Editor’s note: In a 5-4 decision issued in April, the Supreme Court ruled that Missouri could go forward with Russell Bucklew’s execution by using lethal injection, saying the death-row inmate did not prove to the court that his medical condition meant that death by lethal gas would be significantly less painful for him than the planned method.
The court’s majority said that the Eighth Amendment could be violated if an inmate identified a “feasible, readily implemented” alternative procedure that would “significantly reduce a substantial risk of severe pain,” but that Bucklew failed to do those things.
The ruling did not mention the AMA’s brief, which did not support either party and instead educated the court that medical ethics prohibited the patient’s physician expert from offering comparative testimony on the proposed execution methods. In the ruling, justices didn’t consider the physician’s ethical responsibility to abstain from assisting or furthering a state-sponsored execution.
Anesthesiologist Joel Zivot, MD, says he won’t give Missouri officials an opinion on which execution method might result in the lowest risk of severe pain for a prisoner on death row because he feels ethically unable to compare the consequences of alternative forms of execution allowed under state law.
Missouri officials say that because prisoner Russell Bucklew didn’t offer testimony to directly compare each method of execution and show that one “significantly reduces the risk of severe pain,” the man hasn’t met his burden to be put to death by something other than the state’s standard lethal injection protocol.
Bucklew says he will suffer unnecessarily if he is put to death by the standard lethal-injection protocol. Instead, Bucklew is asking he be put to death by lethal gas because he believes it will cause him less suffering due to his rare medical condition, cavernous hemangioma. The condition causes blood-filled tumors to grow on his body. He claims once the drugs are administered, he will choke on his own blood for four minutes.
Now the U.S. Supreme Court is considering the case, Bucklew v. Precythe, including the question of whether the Eighth Amendment requires that an inmate prove an adequate alternative method of execution when challenging the state’s method based on a rare and severe medical condition.
The AMA has filed an amicus brief in the case before the high court.
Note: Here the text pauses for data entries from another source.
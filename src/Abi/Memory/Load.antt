-- ===== src/Abi/Memory/Load.antt =====
-- internal/abi/memory.go: `Load` and the functions below it.
use component_model.Prelude.{
  ℕ, zero, suc, ◌+◌, List, [], ◌∷◌, Option, none, some, true, false, not, ltb, leb, ◌==◌, ◌&&◌,
  if◌then◌else◌, Result, ok, err, stuck, ◌>>=◌, ◌>>◌, wrap, length, get_elem?,
}
use component_model.Descriptor.{PrimName, TypeDesc, TypeRef, RecordField, VariantCase}
use component_model.Abi.Layout.{
  Resolver, resolve_type, checked_align, checked_add, discriminant_type, size_primitive,
  flags_width,
}
use component_model.Abi.Layout.Align.{larger, max_case_alignment, alignment_unchecked, alignment}
use component_model.Abi.Layout.Validate.{layout_fuel}
use component_model.Abi.Layout.Size.{size_enum_num_cases, size}
use component_model.Abi.Value.{
  Value, nil_value, bool_value, uint32_value, int32_value, float32_value, float64_value,
  string_value, slice, variant_value, result_value, Values, nil, cons,
}
use component_model.Abi.Memory.{
  Memory, MemError, layout, buffer_overflow, misaligned, string_overflow, list_overflow,
  too_many_elements, invalid_discriminant, char_out_of_range, surrogate_half, case_out_of_range,
  invalid_utf8, unknown_prim, unsupported_type, in_field, in_element, in_case, in_ok, in_err,
  in_list, in_string, max_list_elements, checked_byte_length, check, is_aligned, load_word,
  load_int, bytes_of,
}
use component_model.Abi.Memory.Utf8.{utf8_valid}

abbrev pub Loaded : Type 0
Loaded = Result MemError Value

unfoldable pub load_char : ℕ → Loaded
load_char i =
    if leb 0x110000 i
    then err (char_out_of_range i)
    else (if leb 0xD800 i && leb i 0xDFFF then err (surrogate_half i) else ok (int32_value i))

module _ (mem : Memory) where
  unfoldable pub load_string_from_range : ℕ → ℕ → Loaded
  unfolding utf8_valid bytes_of
  load_string_from_range p byte_len =
      if ltb mem.size (p + byte_len)
      then err (string_overflow p byte_len mem.size)
      else (if utf8_valid (bytes_of mem.byte p byte_len)
          then ok (string_value (bytes_of mem.byte p byte_len))
          else err (invalid_utf8 p byte_len))

  -- The pointer and the length that stand at an address.
  unfoldable pub load_pair : (MemError → MemError) → ℕ → Result MemError (ℕ × ℕ)
  unfolding load_word checked_add
  load_pair label p = do
    first ← load_word mem p 4
    len_ptr ← wrap label (layout (checked_add p 4))
    second ← load_word mem len_ptr 4
    ok (first, second)

  unfoldable pub load_string : ℕ → Loaded
  unfolding load_pair load_string_from_range
  load_string p = do (first, second) ← load_pair in_string p; load_string_from_range first second

  unfoldable pub load_primitive : ℕ → PrimName → Loaded
  unfolding load_word load_int load_char load_string
  load_primitive p PrimName.bool = do v ← load_word mem p 1; ok (bool_value (not (v == 0)))
  load_primitive p PrimName.u8 = load_int mem p 1 false
  load_primitive p PrimName.u16 = load_int mem p 2 false
  load_primitive p PrimName.u32 = load_int mem p 4 false
  load_primitive p PrimName.s8 = load_int mem p 1 true
  load_primitive p PrimName.s16 = load_int mem p 2 true
  load_primitive p PrimName.s32 = load_int mem p 4 true
  load_primitive p PrimName.u64 = load_int mem p 8 false
  load_primitive p PrimName.s64 = load_int mem p 8 true
  load_primitive p PrimName.f32 = do bits ← load_word mem p 4; ok (float32_value bits)
  load_primitive p PrimName.f64 = do bits ← load_word mem p 8; ok (float64_value bits)
  load_primitive p PrimName.char = do v ← load_word mem p 4; load_char v
  load_primitive p PrimName.string = load_string p
  load_primitive p PrimName.error_context = load_int mem p 4 false
  load_primitive p (PrimName.other name) = err (unknown_prim (PrimName.other name))

  unfoldable pub load_flags : ℕ → ℕ → Loaded
  unfolding flags_width load_int
  load_flags p num_labels = do
    flags_size ← layout (flags_width num_labels)
    load_int mem p flags_size false

  unfoldable pub load_enum : ℕ → ℕ → Loaded
  unfolding size_enum_num_cases load_word
  load_enum p num_cases = do
    enum_size ← layout (size_enum_num_cases num_cases)
    idx ← load_word mem p enum_size
    if leb num_cases idx then err (case_out_of_range idx num_cases) else ok (uint32_value idx)

-- `Alignment` of the type of an arm, if it has one: the running maximum.
unfoldable pub arm_alignment : Resolver → Option TypeRef → ℕ → Result MemError ℕ
unfolding resolve_type alignment
arm_alignment resolve none max_align = ok max_align
arm_alignment resolve (some ref) max_align = do
  t ← layout (resolve_type resolve (some ref))
  align ← layout (alignment t resolve)
  ok (larger max_align align)

-- Where the payload of a variant, an option or a result stands, behind a discriminant.
unfoldable pub payload_offset : ℕ → ℕ → ℕ → Result MemError ℕ
unfolding checked_add checked_align
payload_offset p disc_size align = do
  offset ← layout (checked_add p disc_size)
  layout (checked_align offset align)

unfoldable pub variant_payload : Resolver → List VariantCase → ℕ → ℕ → Result MemError ℕ
unfolding max_case_alignment alignment_unchecked payload_offset checked_add checked_align
variant_payload resolve cases p disc_size = do
  offset ← layout (checked_add p disc_size)
  align ←
      layout (max_case_alignment resolve (λ d. alignment_unchecked layout_fuel resolve d) cases 1)
  layout (checked_align offset align)

unfoldable pub result_payload : Resolver → Option TypeRef → Option TypeRef → ℕ → Result MemError ℕ
unfolding arm_alignment checked_add checked_align
result_payload resolve ok_type err_type p = do
  offset ← layout (checked_add p 1)
  ok_align ← arm_alignment resolve ok_type 1
  max_align ← arm_alignment resolve err_type ok_align
  layout (checked_align offset max_align)

-- `below` is the recursive call of `loadValue`.
module _ (mem : Memory) (resolve : Resolver) (below : ℕ → Option TypeDesc → Loaded) where
  -- One field or element: its value, and the offset behind it.
  unfoldable pub load_field : (MemError → MemError) → ℕ → TypeRef → Result MemError (Value × ℕ)
  unfolding resolve_type alignment checked_align size checked_add
  load_field label offset ref = do
    t ← wrap label (layout (resolve_type resolve (some ref)))
    align ← layout (alignment t resolve)
    start ← wrap label (layout (checked_align offset align))
    v ← wrap label (below start t)
    field_size ← layout (size t resolve)
    next ← wrap label (layout (checked_add start field_size))
    ok (v, next)

  unfoldable pub load_fields : List RecordField → ℕ → Result MemError Values
  unfolding load_field
  load_fields [] offset = ok nil
  load_fields (f ∷ fields) offset = do
    (v, next) ← load_field (in_field f.name) offset f.type
    rest ← load_fields fields next
    ok (cons v rest)

  unfoldable pub load_elements : ℕ → List TypeRef → ℕ → Result MemError Values
  unfolding load_field
  load_elements i [] offset = ok nil
  load_elements i (e ∷ elements) offset = do
    (v, next) ← load_field (in_element i) offset e
    rest ← load_elements (i + 1) elements next
    ok (cons v rest)

  -- The elements of a list; the pointer does not move behind the last one.
  unfoldable pub load_each : ℕ → Option TypeDesc → ℕ → ℕ → ℕ → Result MemError Values
  unfolding checked_add
  load_each zero t elem_size i p = ok nil
  load_each (suc count) t elem_size i p = do
    v ← wrap (in_element i) (below p t)
    next ← (if count == 0 then ok p else wrap (in_element i) (layout (checked_add p elem_size)))
    rest ← load_each count t elem_size (i + 1) next
    ok (cons v rest)

  unfoldable pub load_list_from_range : ℕ → ℕ → Option TypeDesc → Loaded
  unfolding size alignment checked_byte_length load_each is_aligned
  load_list_from_range p count t = do
    elem_size ← layout (size t resolve)
    elem_align ← layout (alignment t resolve)
    byte_len ← wrap in_list (checked_byte_length count elem_size)
    check (not (ltb max_list_elements count)) (too_many_elements count)
    check (not (ltb mem.size (p + byte_len))) (list_overflow p byte_len mem.size)
    check (is_aligned p elem_align) (misaligned p elem_align)
    vs ← load_each count t elem_size 0 p
    ok (slice vs)

  unfoldable pub load_list : ℕ → TypeRef → Loaded
  unfolding resolve_type load_pair load_list_from_range
  load_list p element = do
    t ← layout (resolve_type resolve (some element))
    (first, second) ← load_pair mem in_list p
    load_list_from_range first second t

  -- The payload of a case or an arm that has one.
  unfoldable pub load_payload : (MemError → MemError) → Option TypeRef → ℕ → Loaded
  unfolding resolve_type
  load_payload label none offset = ok nil_value
  load_payload label (some ref) offset = do
    t ← layout (resolve_type resolve (some ref))
    wrap label (below offset t)

  unfoldable pub load_variant : ℕ → List VariantCase → Loaded
  unfolding discriminant_type size_primitive load_word variant_payload load_payload
  load_variant p cases = do
    disc_size ← layout (size_primitive (discriminant_type (length cases)))
    idx ← load_word mem p disc_size
    c ← elim (get_elem? cases idx) [
      | none ↦ err (case_out_of_range idx (length cases))
      | some c ↦ ok c
    ]
    offset ← variant_payload resolve cases p disc_size
    payload ← load_payload (in_case idx) c.type offset
    ok (variant_value idx payload)

  unfoldable pub load_option : ℕ → TypeRef → Loaded
  unfolding resolve_type load_word alignment payload_offset checked_add checked_align
  load_option p element = do
    t ← layout (resolve_type resolve (some element))
    disc ← load_word mem p 1
    offset ← layout (checked_add p 1)
    align ← layout (alignment t resolve)
    start ← layout (checked_align offset align)
    (if disc == 0
        then ok nil_value
        else (if disc == 1 then below start t else err (invalid_discriminant disc)))

  unfoldable pub load_result : ℕ → Option TypeRef → Option TypeRef → Loaded
  unfolding load_word result_payload load_payload
  load_result p ok_type err_type = do
    disc ← load_word mem p 1
    offset ← result_payload resolve ok_type err_type p
    is_err ←
        (if disc == 0
          then ok false
          else (if disc == 1 then ok true else err (invalid_discriminant disc)))
    v ← (if is_err then load_payload in_err err_type offset else load_payload in_ok ok_type offset)
    ok (result_value is_err v)

  unfoldable pub load_kind : ℕ → Option TypeDesc → Loaded
  unfolding load_primitive load_list load_fields load_variant load_elements load_flags load_enum
      load_option load_result load_int
  load_kind p none = err (unsupported_type none)
  load_kind p (some (TypeDesc.primitive_desc prim)) = load_primitive mem p prim
  load_kind p (some (TypeDesc.list_desc element)) = load_list p element
  load_kind p (some (TypeDesc.record_desc fields)) = do vs ← load_fields fields p; ok (slice vs)
  load_kind p (some (TypeDesc.variant_desc cases)) = load_variant p cases
  load_kind p (some (TypeDesc.tuple_desc elements)) = do
    vs ← load_elements 0 elements p
    ok (slice vs)
  load_kind p (some (TypeDesc.flags_desc names)) = load_flags mem p (length names)
  load_kind p (some (TypeDesc.enum_desc cases)) = load_enum mem p (length cases)
  load_kind p (some (TypeDesc.option_desc element)) = load_option p element
  load_kind p (some (TypeDesc.result_desc ok_type err_type)) = load_result p ok_type err_type
  load_kind p (some (TypeDesc.own_desc resource)) = load_int mem p 4 false
  load_kind p (some (TypeDesc.borrow_desc resource)) = load_int mem p 4 false
  load_kind p (some (TypeDesc.stream_desc element)) = load_int mem p 4 false
  load_kind p (some (TypeDesc.future_desc element)) = load_int mem p 4 false
  load_kind p (some t) = err (unsupported_type (some t))

-- The fuel bounds the depth of calls, for which the source has no bound.
unfoldable pub load_value : ℕ → Memory → Resolver → ℕ → Option TypeDesc → Loaded
unfolding load_kind
load_value zero mem resolve p t = stuck
load_value (suc fuel) mem resolve p t =
    load_kind mem resolve (λ q d. load_value fuel mem resolve q d) p t

-- The checks of `Load`, which `Store` makes too.
unfoldable pub check_place : Memory → ℕ → Option TypeDesc → Resolver → Result MemError (Unit {0})
unfolding alignment size is_aligned
check_place mem p t resolve = do
  align ← layout (alignment t resolve)
  check (is_aligned p align) (misaligned p align)
  s ← layout (size t resolve)
  check (not (ltb mem.size (p + s))) (buffer_overflow p s mem.size)

unfoldable pub load : ℕ → Memory → ℕ → Option TypeDesc → Resolver → Loaded
unfolding check_place load_value
load fuel mem p t resolve = check_place mem p t resolve >> load_value fuel mem resolve p t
The brief doesn’t support either party. Instead, it offers justices background on the “applicable ethical principles” that guide physicians on capital punishment. It also confirms that “testimony used to determine which method of execution would reduce physical suffering would constitute physician participation in capital punishment and would be unethical.”
“Society wants to delude itself into a belief that capital punishment no longer represents a weighted moral choice, but is now somehow scientific—nearly antiseptic. This delusion, however, cheapens life and makes its extinction easier,” the brief advises the court. “The medical profession, whose ‘essential quality’ is an interest in humanity and which reveres human life should have no part in this charade.”
Ethical stance as old as time
The AMA notes that as early as the fifth century BCE, those who practiced medicine took an oath to the gods of the day “to ground their practice in service to the best interest of their patients.” The Hippocratic Oath included its vow: “I will not give a lethal drug to anyone if I am asked, nor will I advise such a plan,” the brief says.
Today, the AMA Code of Medical Ethics speaks directly to a physician’s ethical responsibility when it comes to capital punishment stating, in part, that “as a member of a profession dedicated to preserving life when there is hope of doing so, a physician must not participate in a legally authorized execution.”
The American College of Correctional Physicians, American College of Physicians, Americans Public Health Association, American Society of Anesthesiologists and the World Medical Association also have said it is unethical for physicians to participate in capital punishment.
Patient-physician relationship at stake
The brief tells the court that any physician assistance in an execution or the design of an execution would undermine the patient-physician relationship that relies on trust.
Physicians risk confusing their responsibility to the patient with a responsibility to the state if they participate in executions, the brief states. In turn, if patients don’t have trust in their physician’s independent judgment, they may avoid needed medical care or withhold sensitive information.
“By refusing to participate in capital punishment, even when sanctioned by a free society, physicians are making a statement—even if symbolically—that their role is not to serve the state as experts in killing, but to minister to their patients as healers,” the AMA brief tells the court. “Ethical physicians avoid any potential blurring of these fundamentally incompatible functions.”